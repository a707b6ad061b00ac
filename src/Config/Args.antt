-- ===== src/Config/Args.antt =====
-- The command line: the arguments of src/cli.yaml, and `try_from` of src/parser.rs.
use tws_rust.Prelude.{ℕ, List, [], ◌∷◌, Bool, Option, none, some, Result, ok, ok_or, ◌>>=◌}
use Prim.Native.String.{String}
use tws_rust.Text.Bytes.{Bytes, codes}
use tws_rust.Text.Decimal.Unsigned.{parse_u64}
use tws_rust.Net.Addr.{SocketAddr}
use tws_rust.Net.Read.{parse_addr}
use tws_rust.Config.Options.{
  TwsClientOption, TwsServerOption, ClientDocument, ServerDocument, client_from_document,
  server_from_document,
}

pub data Arg : Type 0 where
  arg_config arg_listen arg_server arg_remote arg_timeout arg_retry_timeout arg_connections
        arg_passwd :
      Arg
  arg_no_udp arg_udp_timeout arg_accept_remotes : Arg

-- What is given on the command line, once `clap` has read it.
pub record ArgMatches : Type 0 where
  pub given : Arg → Option Bytes
  pub given_all : Arg → Option (List Bytes)
  pub is_present : Arg → Bool

-- `default_value` of src/cli.yaml.
unfoldable pub default_value : Arg → Option Bytes
default_value arg_timeout = some (codes "5000")
default_value arg_udp_timeout = some (codes "60000")
default_value arg_retry_timeout = some (codes "1000")
default_value arg_connections = some (codes "2")
default_value _ = none

abbrev pub or_else : Option Bytes → Option Bytes → Option Bytes
or_else none o = o
or_else (some v) o = some v

unfoldable pub value_of : Arg → ArgMatches → Option Bytes
unfolding default_value
value_of arg m = or_else (m.given arg) (default_value arg)

-- `args.value_of(…).ok_or(…)?` and, for what is not a text, `.parse().map_err(…)?`
abbrev pub text_of : Option Bytes → String → Result Bytes
text_of o missing = ok_or o missing

abbrev pub number_of : Option Bytes → String → String → Result ℕ
number_of o missing invalid = ok_or o missing >>= (λ v. ok_or (parse_u64 v) invalid)

abbrev pub address_of : Option Bytes → String → String → Result SocketAddr
address_of o missing invalid = ok_or o missing >>= (λ v. ok_or (parse_addr v) invalid)

-- `.map(|v| v.parse()).collect::<Result<Vec<_>, _>>()`
unfoldable pub parse_all : List Bytes → Option (List SocketAddr)
parse_all [] = some []
parse_all (v ∷ vs) =
    let rest = parse_all vs in
    elim (parse_addr v) [
      | none ↦ none
      | some addr ↦ elim rest [ none ↦ none | some addrs ↦ some (addr ∷ addrs) ]
    ]

abbrev pub or_empty : Option (List Bytes) → List Bytes
or_empty none = []
or_empty (some vs) = vs

unfoldable pub client_from_args : ArgMatches → Result TwsClientOption
unfolding value_of
client_from_args m = do
  connections ←
      number_of (value_of arg_connections m) "WTF"
        "Invalid value of `connections`. Must be a number"
  listen ←
      address_of (value_of arg_listen m) "`listen` is required"
        "Invalid value of `listen`. Must be an address."
  server ← text_of (value_of arg_server m) "`server` is required"
  remote ←
      address_of (value_of arg_remote m) "`remote` is required"
        "Invalid value of `remote`. Must be an address."
  passwd ← text_of (value_of arg_passwd m) "`passwd` is required"
  timeout ← number_of (value_of arg_timeout m) "WTF" "Invalid value of `timeout`. Must be a number"
  retry_timeout ←
      number_of (value_of arg_retry_timeout m) "WTF"
        "Invalid value of `retry_timeout`. Must be a number"
  udp_timeout ←
      number_of (value_of arg_udp_timeout m) "WTF"
        "Invalid value of `udp_timeout`. Must be a number"
  ok (record {
    connections = connections;
    listen = listen;
    remote = remote;
    server = server;
    passwd = passwd;
    timeout = timeout;
    retry_timeout = retry_timeout;
    no_udp = m.is_present arg_no_udp;
    udp_timeout = udp_timeout;
  })

unfoldable pub server_from_args : ArgMatches → Result TwsServerOption
unfolding value_of parse_all
server_from_args m = do
  listen ←
      address_of (value_of arg_listen m) "`listen` is required"
        "Invalid value of `listen`. Must be an address."
  passwd ← text_of (value_of arg_passwd m) "`passwd` is required"
  timeout ← number_of (value_of arg_timeout m) "WTF" "Invalid value of `timeout`. Must be a number"
  udp_timeout ←
      number_of (value_of arg_udp_timeout m) "WTF"
        "Invalid value of `udp_timeout`. Must be a number"
  accept_remotes ←
      ok_or (parse_all (or_empty (m.given_all arg_accept_remotes)))
        "Invalid value of `accept_remotes`."
  ok (record {
    listen = listen;
    passwd = passwd;
    timeout = timeout;
    no_udp = m.is_present arg_no_udp;
    udp_timeout = udp_timeout;
    accept_remotes = accept_remotes;
  })

-- `load_config_file`, where `read` opens a file and reads its fields, and `none` is a panic: of an `expect`, or
-- of `serde` on a field that is missing.
abbrev pub checked : {T : Type 0} → Option T → Option (Option T)
checked none = none
checked (some t) = some (some t)

abbrev pub decoded : {D T : Type 0} → (D → Option T) → Option D → Option (Option T)
decoded from_document none = none
decoded from_document (some d) = checked (from_document d)

abbrev pub loaded :
    {D T : Type 0} → (Bytes → Option D) → (D → Option T) → Option Bytes → Option (Option T)
loaded read from_document none = some none
loaded read from_document (some file) = decoded from_document (read file)

-- A configuration file overrides all else.
abbrev pub or_args : {T : Type 0} → Option (Option T) → Result T → Option (Result T)
or_args none r = none
or_args (some none) r = some r
or_args (some (some t)) r = some (ok t)

unfoldable pub client_try_from :
    (Bytes → Option ClientDocument) → ArgMatches → Option (Result TwsClientOption)
unfolding value_of client_from_document client_from_args
client_try_from read m =
    or_args (loaded read client_from_document (value_of arg_config m)) (client_from_args m)

unfoldable pub server_try_from :
    (Bytes → Option ServerDocument) → ArgMatches → Option (Result TwsServerOption)
unfolding value_of server_from_document server_from_args
server_try_from read m =
    or_args (loaded read server_from_document (value_of arg_config m)) (server_from_args m)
++++++++++
▸ **WHAT THIS TASK INVOLVES**
Pick out and copy the lines of the entries that hold the string "rest".

▸ **SOLUTION FOR THIS PROBLEM**
    let rest = parse_all vs in
      | some addr ↦ elim rest [ none ↦ none | some addrs ↦ some (addr ∷ addrs) ]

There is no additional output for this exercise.